### YOUR ASSIGNMENT
Word for word, please restate the lines from the beginning of the data through the line in which "abbrev pub claims" appears.

Top of RECORDED DATA

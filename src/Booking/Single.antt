-- ===== src/Booking/Single.antt =====
-- The duplicate check of `create_booking` (services/booking_service.py), counted over the rows: a
-- farmer's active bookings of a slot.
use mathlib.Core.Path.{subst₂}
use agri_flow.Prelude.{
  ℕ, ◌+◌, ◌≤◌, ◌≡◌, refl, inl, inr, arith, Bool, true, ◌&&◌, String, Option, none, some, [], ◌∷◌,
  ◌==◌, ==_iff, is_id, Bool-cases, Option-cases, if◌then◌else◌,
}
use agri_flow.Prelude.Table.{
  Table, lookup, insert, select, count_by, count_by-insert, count_by-insert_new,
}
use agri_flow.Exec.{Result-cases}
use agri_flow.Enums.{BookingStatus}
use agri_flow.Models.{User, BookingSlot, Db}
use agri_flow.Session.{Session}
use agri_flow.Booking.{
  valid_transition, is_cancelled, may_change, moved, new_booking, create_booking,
  update_booking_status,
}
use agri_flow.Booking.Admit.{Request, admit, is_active_booking, is_duplicate}
use agri_flow.Booking.Admit.Facts.{admit-ok}

abbrev pub claims : ℕ → ℕ → BookingSlot → Bool
claims farmer_id i b =
    b.farmer_id == farmer_id && is_id i b.warehouse_slot_id && is_active_booking b.status

abbrev pub claim : ℕ → ℕ → BookingSlot → ℕ
claim farmer_id i b = if claims farmer_id i b then 1 else 0

pub record IsSingle (d : Db) : Type 0 where
  pub once : (farmer_id i : ℕ) → count_by (claim farmer_id i) d.bookings ≤ 1

select-count :
    (farmer_id i : ℕ) (t : Table BookingSlot)
    → select (claims farmer_id i) t ≡ []
    → count_by (claim farmer_id i) t ≡ 0
select-count farmer_id i [] e = refl
select-count farmer_id i (x ∷ t) e = elim (Bool-cases (claims farmer_id i x.1)) [
  | inl here ↦ absurd (cc (rw here at e))
  | inr apart ↦ rw apart (omega (arith, select-count farmer_id i t (rw apart at e)))
]

-- No step makes a booking active that was not.
active-before :
    (from to : BookingStatus)
    → valid_transition from to ≡ true
    → is_active_booking to ≡ true
    → is_active_booking from ≡ true
active-before BookingStatus.pending to v a = refl
active-before BookingStatus.confirmed to v a = refl
active-before BookingStatus.delivered BookingStatus.inspected v a = cc
active-before BookingStatus.delivered BookingStatus.cancelled v a = cc
active-before BookingStatus.delivered BookingStatus.pending v a = cc
active-before BookingStatus.delivered BookingStatus.confirmed v a = cc
active-before BookingStatus.delivered BookingStatus.delivered v a = cc
active-before BookingStatus.delivered BookingStatus.completed v a = cc
active-before BookingStatus.inspected BookingStatus.completed v a = cc
active-before BookingStatus.inspected BookingStatus.pending v a = cc
active-before BookingStatus.inspected BookingStatus.confirmed v a = cc
active-before BookingStatus.inspected BookingStatus.delivered v a = cc
active-before BookingStatus.inspected BookingStatus.inspected v a = cc
active-before BookingStatus.inspected BookingStatus.cancelled v a = cc
active-before BookingStatus.completed to v a = cc
active-before BookingStatus.cancelled to v a = cc

claim-moved :
    (farmer_id i : ℕ) (b : BookingSlot) (to : BookingStatus) (notes : Option String)
    → valid_transition b.status to ≡ true
    → claim farmer_id i (moved b to notes) ≤ claim farmer_id i b
claim-moved farmer_id i b to notes v = elim (Bool-cases (is_active_booking to)) [
  | inl a ↦ rw (a, active-before b.status to v a) (ground arith)
  | inr idle ↦ rw idle (ground arith)
]

new_claim :
    (farmer_id : ℕ) (r : Request) (t : Table BookingSlot) (asked : Option ℕ)
    → r.warehouse_slot_id ≡ asked
    → select (is_duplicate farmer_id r asked) t ≡ []
    → (f i : ℕ) → count_by (claim f i) t ≤ 1
    → count_by (claim f i) t + claim f i (new_booking farmer_id r) ≤ 1
unfolding is_duplicate
new_claim farmer_id r t none e h f i n = rw e (ground arith)
new_claim farmer_id r t (some j) e h f i n = elim (Bool-cases (farmer_id == f)) [
  | inr other ↦ rw other (ground arith)
  | inl own ↦ elim (Bool-cases (j == i)) [
    | inr apart ↦ rw (e, apart) (ground arith)
    | inl here ↦
        let z : count_by (claim f i) t ≡ 0 =
          subst₂ (λ g l. count_by (claim g l) t ≡ 0) ((==_iff farmer_id f).0 own)
            ((==_iff j i).0 here) (select-count farmer_id j t h) in
        rw (e, z) (ground arith)
  ]
]

-- A booking that is created leaves every farmer at most one active booking of each slot.
pub create_booking-IsSingle :
    (today farmer_id : ℕ) (r : Request) (k : ℕ) (s : Session)
    → IsSingle s.db
    → IsSingle (create_booking today farmer_id r k s).1.db
unfolding create_booking
create_booking-IsSingle today farmer_id r k s inv =
    elim (Result-cases (admit today farmer_id r s.db)) [
      | inr (e, refused) ↦ rw refused inv
      | inl ((w, slot), passed) ↦ elim (Option-cases (lookup k s.db.bookings)) [
        | inr (old, taken) ↦ rw (passed, taken) inv
        | inl fresh ↦
            let adm = admit-ok today farmer_id r s.db w slot passed in
            rw (passed, fresh)
              (record {
                once = λ f i.
                    rw
                      (count_by-insert_new (claim f i) k (new_booking farmer_id r) s.db.bookings
                        fresh)
                      (new_claim farmer_id r s.db.bookings r.warehouse_slot_id refl adm.no_duplicate
                        f i (inv.once f i));
              })
      ]
    ]

-- A change of a booking's status, allowed or refused, leaves every farmer at most one active
-- booking of each slot.
pub update_booking_status-IsSingle :
    (actor_id : ℕ) (actor : User) (k : ℕ) (new_status : BookingStatus) (notes : Option String)
    (s : Session)
    → IsSingle s.db
    → IsSingle (update_booking_status actor_id actor k new_status notes s).1.db
unfolding update_booking_status
update_booking_status-IsSingle actor_id actor k new_status notes s inv =
    elim (Option-cases (lookup k s.db.bookings)) [
      | inl missing ↦ rw missing inv
      | inr (b, row) ↦ rw row (elim (Bool-cases (may_change actor_id actor new_status b)) [
        | inr forbidden ↦ rw forbidden inv
        | inl allowed ↦ rw allowed (elim (Bool-cases (valid_transition b.status new_status)) [
          | inr invalid ↦ rw invalid inv
          | inl valid ↦
              let after : (f i : ℕ)
                  → count_by (claim f i) (insert k (moved b new_status notes) s.db.bookings) ≤ 1 =
                λ f i. omega (
                  arith,
                  inv.once f i,
                  claim-moved f i b new_status notes valid,
                  count_by-insert (claim f i) k (moved b new_status notes) b s.db.bookings row,
                ) in
              rw valid (elim (Bool-cases (is_cancelled new_status)) [
                | inr going ↦ rw going (record { once = after })
                | inl gone ↦ rw gone (record { once = after })
              ])
        ])
      ])
    ]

Bottom of RECORDED DATA

### WRITTEN SOLUTION
filename src/Booking/Single.antt
-- ===== src/Booking/Single.antt =====
-- The duplicate check of `create_booking` (services/booking_service.py), counted over the rows: a
-- farmer's active bookings of a slot.
use mathlib.Core.Path.{subst₂}
use agri_flow.Prelude.{
  ℕ, ◌+◌, ◌≤◌, ◌≡◌, refl, inl, inr, arith, Bool, true, ◌&&◌, String, Option, none, some, [], ◌∷◌,
  ◌==◌, ==_iff, is_id, Bool-cases, Option-cases, if◌then◌else◌,
}
use agri_flow.Prelude.Table.{
  Table, lookup, insert, select, count_by, count_by-insert, count_by-insert_new,
}
use agri_flow.Exec.{Result-cases}
use agri_flow.Enums.{BookingStatus}
use agri_flow.Models.{User, BookingSlot, Db}
use agri_flow.Session.{Session}
use agri_flow.Booking.{
  valid_transition, is_cancelled, may_change, moved, new_booking, create_booking,
  update_booking_status,
}
use agri_flow.Booking.Admit.{Request, admit, is_active_booking, is_duplicate}
use agri_flow.Booking.Admit.Facts.{admit-ok}

abbrev pub claims : ℕ → ℕ → BookingSlot → Bool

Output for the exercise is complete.